2.5. mRNA Expression of CR-1, E-Cad, N-Cad, and Vim by Reverse Transcription Polymerase Chain Reaction (RT-PCR) in Tissue Samples
After removal from −80°C, the tissue specimens were ground in a liquid nitrogen-precooled mortar into powder form in order to extract an appropriate amount of RNA (about 100 mg) by addition of RNAiso Plus pulp to transparency at room temperature, followed by centrifugation for 5 min at 12000 g at 4°C. The supernatant was transferred to a new Ep tube; chloroform was added (1 : 5 v/v) and shaked at room temperature for 5 min, followed by 12000 g at 4°C for 15 min. The Ep supernatant was transferred to a new tube; an equal volume of isopropanol was added upside down, thoroughly mixed at room temperature for 10 min, and then centrifuged at 12000 g at 4°C for 10 min.
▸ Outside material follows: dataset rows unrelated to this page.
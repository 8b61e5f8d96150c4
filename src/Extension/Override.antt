-- ===== src/Extension/Override.antt =====
-- The game's override of the microphone, from the state to the gate
-- (addon/extensions/task_force_radio_pipe/src/Extension.cpp: senderMain;
-- Voice/TransmitController.cpp: onFrameCaptured).
use task_force_radio_standal.Extension.Threads.{mic_frame}
use task_force_radio_standal.Base.{
  ltb, if◌then◌else◌, if_keeps, Text, ℕ, ◌+◌, ◌≡◌, refl, ◌∙◌, Bool, true, false, Option, some, List,
  [], ◌∷◌, arith,
}
use task_force_radio_standal.Float.{Float}
use task_force_radio_standal.State.Data.{State}
use task_force_radio_standal.State.Queries.{
  set_local_transmitting, set_voice_connected, set_remote_tx, take_transmit_override,
}
use task_force_radio_standal.Voice.Session.{RadioTxInfo, current_radio_tx}
use task_force_radio_standal.Voice.Transmit.{
  CapturedFrame, Transmit, set_addon_override, determine_should_transmit, follow_gain, send_frame,
  on_frame_captured,
}
use task_force_radio_standal.Voice.Transmit.Samples.{
  MicTools, suppress, captured, on_samples_captured,
}
use task_force_radio_standal.Extension.World.{World}
use task_force_radio_standal.Extension.Sender.{
  hear_tx, override_by, note_connection, apply_settings, exchange_identity, relay_own, relay_others,
  cue_own, take_override, solve, sender_tick,
}

module _ (fl : Float) where
  set_remote_tx-override :
      (uid : Text) (active : Bool) (freq : Text) (range : fl.F) (subtype : Text) (now : ℕ)
      (s : State fl)
      → (set_remote_tx fl uid active freq range subtype now s).pending_transmit_override
        ≡ s.pending_transmit_override
  unfolding set_remote_tx
  set_remote_tx-override uid active freq range subtype now s = ground arith

  hear_tx-override :
      (now : ℕ) (txs : List RadioTxInfo) (s : State fl)
      → (hear_tx fl now txs s).pending_transmit_override ≡ s.pending_transmit_override
  unfolding hear_tx
  hear_tx-override now [] s = refl
  hear_tx-override now (tx ∷ txs) s =
      hear_tx-override now txs _
      ∙ set_remote_tx-override tx.uid tx.active tx.freq _ tx.subtype now s

  send_frame-is_transmitting :
      (should : Bool) (gain : fl.F) (f : CapturedFrame fl) (t : Transmit fl)
      → (send_frame fl should gain f t).1.is_transmitting ≡ t.is_transmitting
  unfolding send_frame
  send_frame-is_transmitting true gain f t = refl
  send_frame-is_transmitting false gain f t =
      if_keeps {A = List (Text × Bool) × Transmit fl} (λ r. r.1.is_transmitting ≡ t.is_transmitting)
        t.was_transmitting (λ _. refl) (λ _. refl)

  determine-override :
      (value : Bool) (level : fl.F) (now : ℕ) (t : Transmit fl)
      → t.has_addon_override ≡ true
      → t.addon_override_value ≡ value
      → (determine_should_transmit fl level now t).0 ≡ value
  unfolding determine_should_transmit
  determine-override value level now t has told = ground arith

  -- An override decides about the gate, whatever the mode, the level and the mute are.
  overridden_frame :
      (value : Bool) (f : CapturedFrame fl) (now : ℕ) (t : Transmit fl)
      → t.has_addon_override ≡ true
      → t.addon_override_value ≡ value
      → (on_frame_captured fl f now t).1.is_transmitting ≡ value
  unfolding on_frame_captured
  overridden_frame value f now t has told =
      let level = fl.mul f.raw_rms t.mic_volume in
      let gain = follow_gain fl f.raw_rms (fl.le t.vad_threshold level) t.auto_gain in
      let at_gain = f.gained_rms (fl.mul t.mic_volume gain) in
      let silent =
        if fl.lt at_gain (fl.decimal 1 4)
        then (if ltb t.silent_frame_count 1000000
            then t.silent_frame_count + 1
            else t.silent_frame_count)
        else 0 in
      let t1 : Transmit fl = record t {
        auto_gain = gain;
        current_level = at_gain;
        silent_frame_count = silent;
      } in
      let decided = determine_should_transmit fl level now t1 in
      send_frame-is_transmitting decided.0 (fl.mul t.mic_volume gain) f
        (record decided.1 { is_transmitting = decided.0 })
      ∙ determine-override value level now t1 has told

  override_by-decides :
      (value : Bool) (o : Option (Option Bool)) (t : Transmit fl)
      → o ≡ some (some value)
      → ((override_by fl o t).has_addon_override ≡ true)
        × ((override_by fl o t).addon_override_value ≡ value)
  unfolding override_by set_addon_override
  override_by-decides value o t pending = rw pending (refl, refl)

  module _ {R : Type 0} where
    sender_tick-override :
        (value : Bool) (now : ℕ) (w : World fl R)
        → w.state.pending_transmit_override ≡ some (some value)
        → ((sender_tick fl now w).1.transmit.has_addon_override ≡ true)
          × ((sender_tick fl now w).1.transmit.addon_override_value ≡ value)
    unfolding sender_tick note_connection apply_settings exchange_identity relay_own relay_others
        cue_own take_override solve take_transmit_override set_voice_connected
        set_local_transmitting
    sender_tick-override value now w pending =
        let w1 = exchange_identity fl (apply_settings fl (note_connection fl w)) in
        override_by-decides value _ w1.transmit
          (hear_tx-override now (current_radio_tx fl now w1.session) w1.state ∙ pending)

    -- A pending override reaches the gate with the next tick: the frame of the microphone that
    -- follows, at any time, is transmitted or not as the override says, whatever the mode, the
    -- level and the mute are.
    pub override_reaches_the_gate :
        (tools : MicTools fl R) (value : Bool) (raw : List fl.F) (now later : ℕ) (w : World fl R)
        → w.state.pending_transmit_override ≡ some (some value)
        → (mic_frame fl tools raw later (sender_tick fl now w).1).transmit.is_transmitting ≡ value
    unfolding mic_frame on_samples_captured
    override_reaches_the_gate tools value raw now later w pending =
        let w' = (sender_tick fl now w).1 in
        let (has, told) = sender_tick-override value now w pending in
        let mono =
          (if w'.transmit.noise_suppression_enabled
            then suppress fl tools raw w'.denoiser
            else (raw, w'.denoiser)).0 in
        overridden_frame value (captured fl tools mono) later w'.transmit has told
The supernatant was discarded, and the precipitate was washed with 1 mL of 75% ethanol for retention, naturally dried, and dissolved in a small amount of DEPC water sufficient to dissolve the precipitate and then stored at −80°C. Then, 2 μL of extracted RNA was added to 68 μL DEPC water, wind, and percussion mixed with protein and nucleic acid analyzer RNA mixture, and its OD value and concentration were recorded.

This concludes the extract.